Lines from the line with "if same_text (flag b'l') arg" to the line with "parse [] a = some a" in the entries below, and only those, must be output exactly, with both ends included.

=== Begin Enclosure ===

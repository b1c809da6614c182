-- ===== src/Netcat.antt =====
-- `get_cat_context` of ncatutil.cpp: the command line of netcat.
--
-- A text is the list of its bytes, and `none` is NULL. `error_check` ends the program, which is the
-- outcome `exits`; `null` is `return 0`. `inet_addr` is a parameter.
pub mod Options
pub mod Remote
pub mod Socket
mod Tests
use libtx.Common.{
  ℕ, ◌-◌, ◌^◌, Bool, true, false, not, ◌&&◌, ◌||◌, ◌==◌, Option, none, some, List, [], ◌∷◌,
  if◌then◌else◌,
}
use libtx.Inet.{is_digit, ◌>>=◌}

-- `netcat_t`.
pub record Netcat : Type 0 where
  pub l_mode : Bool
  pub option : Option (List ℕ)
  pub sai_port : Option (List ℕ)
  pub sai_addr : Option (List ℕ)
  pub dai_port : Option (List ℕ)
  pub dai_addr : Option (List ℕ)

-- Whether `++i` is to give the argument of `-o`, `-s` or `-p`.
pub data Wanted : Type 0 where
  no_arg : Wanted
  option_arg : Wanted
  source_arg : Wanted
  port_arg : Wanted

-- The variables of the loop; `opt_pidx` is how many of the parts are there.
pub record Args : Type 0 where
  pub wanted : Wanted
  pub opt_listen : Bool
  pub opt_option : Option (List ℕ)
  pub s_domain : Option (List ℕ)
  pub opt_port : Option (List ℕ)
  pub part_0 : Option (List ℕ)
  pub part_1 : Option (List ℕ)

pub data Outcome : Type 0 where
  context : Netcat → Outcome
  null : Outcome
  exits : Outcome

abbrev pub no_args : Args
no_args = record {
  wanted = no_arg;
  opt_listen = false;
  opt_option = none;
  s_domain = none;
  opt_port = none;
  part_0 = none;
  part_1 = none;
}

-- `!strcmp (a, b)`.
abbrev pub same_text : List ℕ → List ℕ → Bool
same_text [] [] = true
same_text (x ∷ xs) (y ∷ ys) = x == y && same_text xs ys
same_text _ _ = false

abbrev pub flag : ℕ → List ℕ
flag c = b'-' ∷ c ∷ []

-- `parts[opt_pidx++] = argv[i]`, if `opt_pidx < 2`.
abbrev pub add_part : List ℕ → Args → Option Args
add_part arg a = elim a.part_0 [
  | none ↦ some (record a { part_0 = some arg })
  | some p ↦ elim a.part_1 [ none ↦ some (record a { part_1 = some arg }) | some q ↦ none ]
]

-- One round of the `for`, with the argument of a flag as a round of its own; `none` is `return 0`.
unfoldable pub plain_arg : List ℕ → Args → Option Args
plain_arg arg a =
    if same_text (flag b'l') arg
    then some (record a { opt_listen = true })
    else if same_text (flag b'o') arg
    then some (record a { wanted = option_arg })
    else if same_text (flag b's') arg
    then some (record a { wanted = source_arg })
    else if same_text (flag b'p') arg
    then some (record a { wanted = port_arg })
    else add_part arg a

abbrev pub one_arg : Wanted → List ℕ → Args → Option Args
one_arg no_arg arg a = plain_arg arg a
one_arg option_arg arg a = some (record a { wanted = no_arg; opt_option = some arg })
one_arg source_arg arg a = some (record a { wanted = no_arg; s_domain = some arg })
one_arg port_arg arg a = some (record a { wanted = no_arg; opt_port = some arg })

unfoldable pub parse : List (List ℕ) → Args → Option Args
parse [] a = some a
parse (arg ∷ argv) a = one_arg a.wanted arg a >>= λ b. parse argv b

-- Whether the loop over a text with `isdigit` comes to its end.
abbrev pub only_digits : List ℕ → Bool
only_digits [] = true
only_digits (b ∷ bs) = is_digit b && only_digits bs

-- `domain` and `port`, or `none` where `error_check` ends the program.
unfoldable pub split_parts :
    Option (List ℕ) → Option (List ℕ) → Option (Option (List ℕ) × Option (List ℕ))
split_parts none _ = some (none, none)
split_parts (some p) none = if only_digits p then some (none, some p) else some (some p, none)
split_parts (some p) (some q) = if only_digits p then none else some (some p, some q)

-- `s_domain` and `sai_port` of a netcat that listens: given by a flag or by a part, not by both.
abbrev pub one_of : Option (List ℕ) → Option (List ℕ) → Option (Option (List ℕ))
one_of none b = some b
one_of (some a) none = some (some a)
one_of (some a) (some b) = none

abbrev pub or_exits : Option Netcat → Outcome
or_exits none = exits
or_exits (some n) = context n

abbrev pub ended : Wanted → Bool
ended no_arg = true
ended _ = false

module _ (inet_addr : List ℕ → ℕ) where
  -- INADDR_ANY is 0 and INADDR_NONE 2^32 - 1.
  abbrev pub good_host : Option (List ℕ) → Bool
  good_host none = false
  good_host (some d) = not (inet_addr d == 0) && not (inet_addr d == 2 ^ 32 - 1)

  -- What follows the loop.
  unfoldable pub listening : Args → Option (List ℕ) → Option (List ℕ) → Option Netcat
  listening a domain port = one_of a.s_domain domain >>= λ sai_addr.
      one_of a.opt_port port >>= λ sai_port. some (record {
        l_mode = true;
        option = a.opt_option;
        sai_port = sai_port;
        sai_addr = sai_addr;
        dai_port = port;
        dai_addr = domain;
      })

  unfoldable pub connecting : Args → Option (List ℕ) → Option (List ℕ) → Option Netcat
  connecting a domain port =
      if good_host domain
      then some (record {
        l_mode = false;
        option = a.opt_option;
        sai_port = a.opt_port;
        sai_addr = a.s_domain;
        dai_port = port;
        dai_addr = domain;
      })
      else none

  unfoldable pub finish_args : Args → Option Netcat
  unfolding listening connecting split_parts
  finish_args a =
      if ended a.wanted
      then (split_parts a.part_0 a.part_1 >>= λ d.
          if a.opt_listen then listening a d.0 d.1 else connecting a d.0 d.1)
      else none

  abbrev pub finish_if : Option Args → Outcome
  finish_if none = null
  finish_if (some a) = or_exits (finish_args a)

  -- `get_cat_context`, for the arguments after the name of the program.
  unfoldable pub get_cat_context : List (List ℕ) → Outcome
  unfolding parse finish_args
  get_cat_context argv = finish_if (parse argv no_args)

=== End Enclosure ===

◆ Answer space ◆
    if same_text (flag b'l') arg
    then some (record a { opt_listen = true })
    else if same_text (flag b'o') arg
    then some (record a { wanted = option_arg })
    else if same_text (flag b's') arg
    then some (record a { wanted = source_arg })
    else if same_text (flag b'p') arg
    then some (record a { wanted = port_arg })
    else add_part arg a

abbrev pub one_arg : Wanted → List ℕ → Args → Option Args
one_arg no_arg arg a = plain_arg arg a
one_arg option_arg arg a = some (record a { wanted = no_arg; opt_option = some arg })
one_arg source_arg arg a = some (record a { wanted = no_arg; s_domain = some arg })
one_arg port_arg arg a = some (record a { wanted = no_arg; opt_port = some arg })

unfoldable pub parse : List (List ℕ) → Args → Option Args
parse [] a = some a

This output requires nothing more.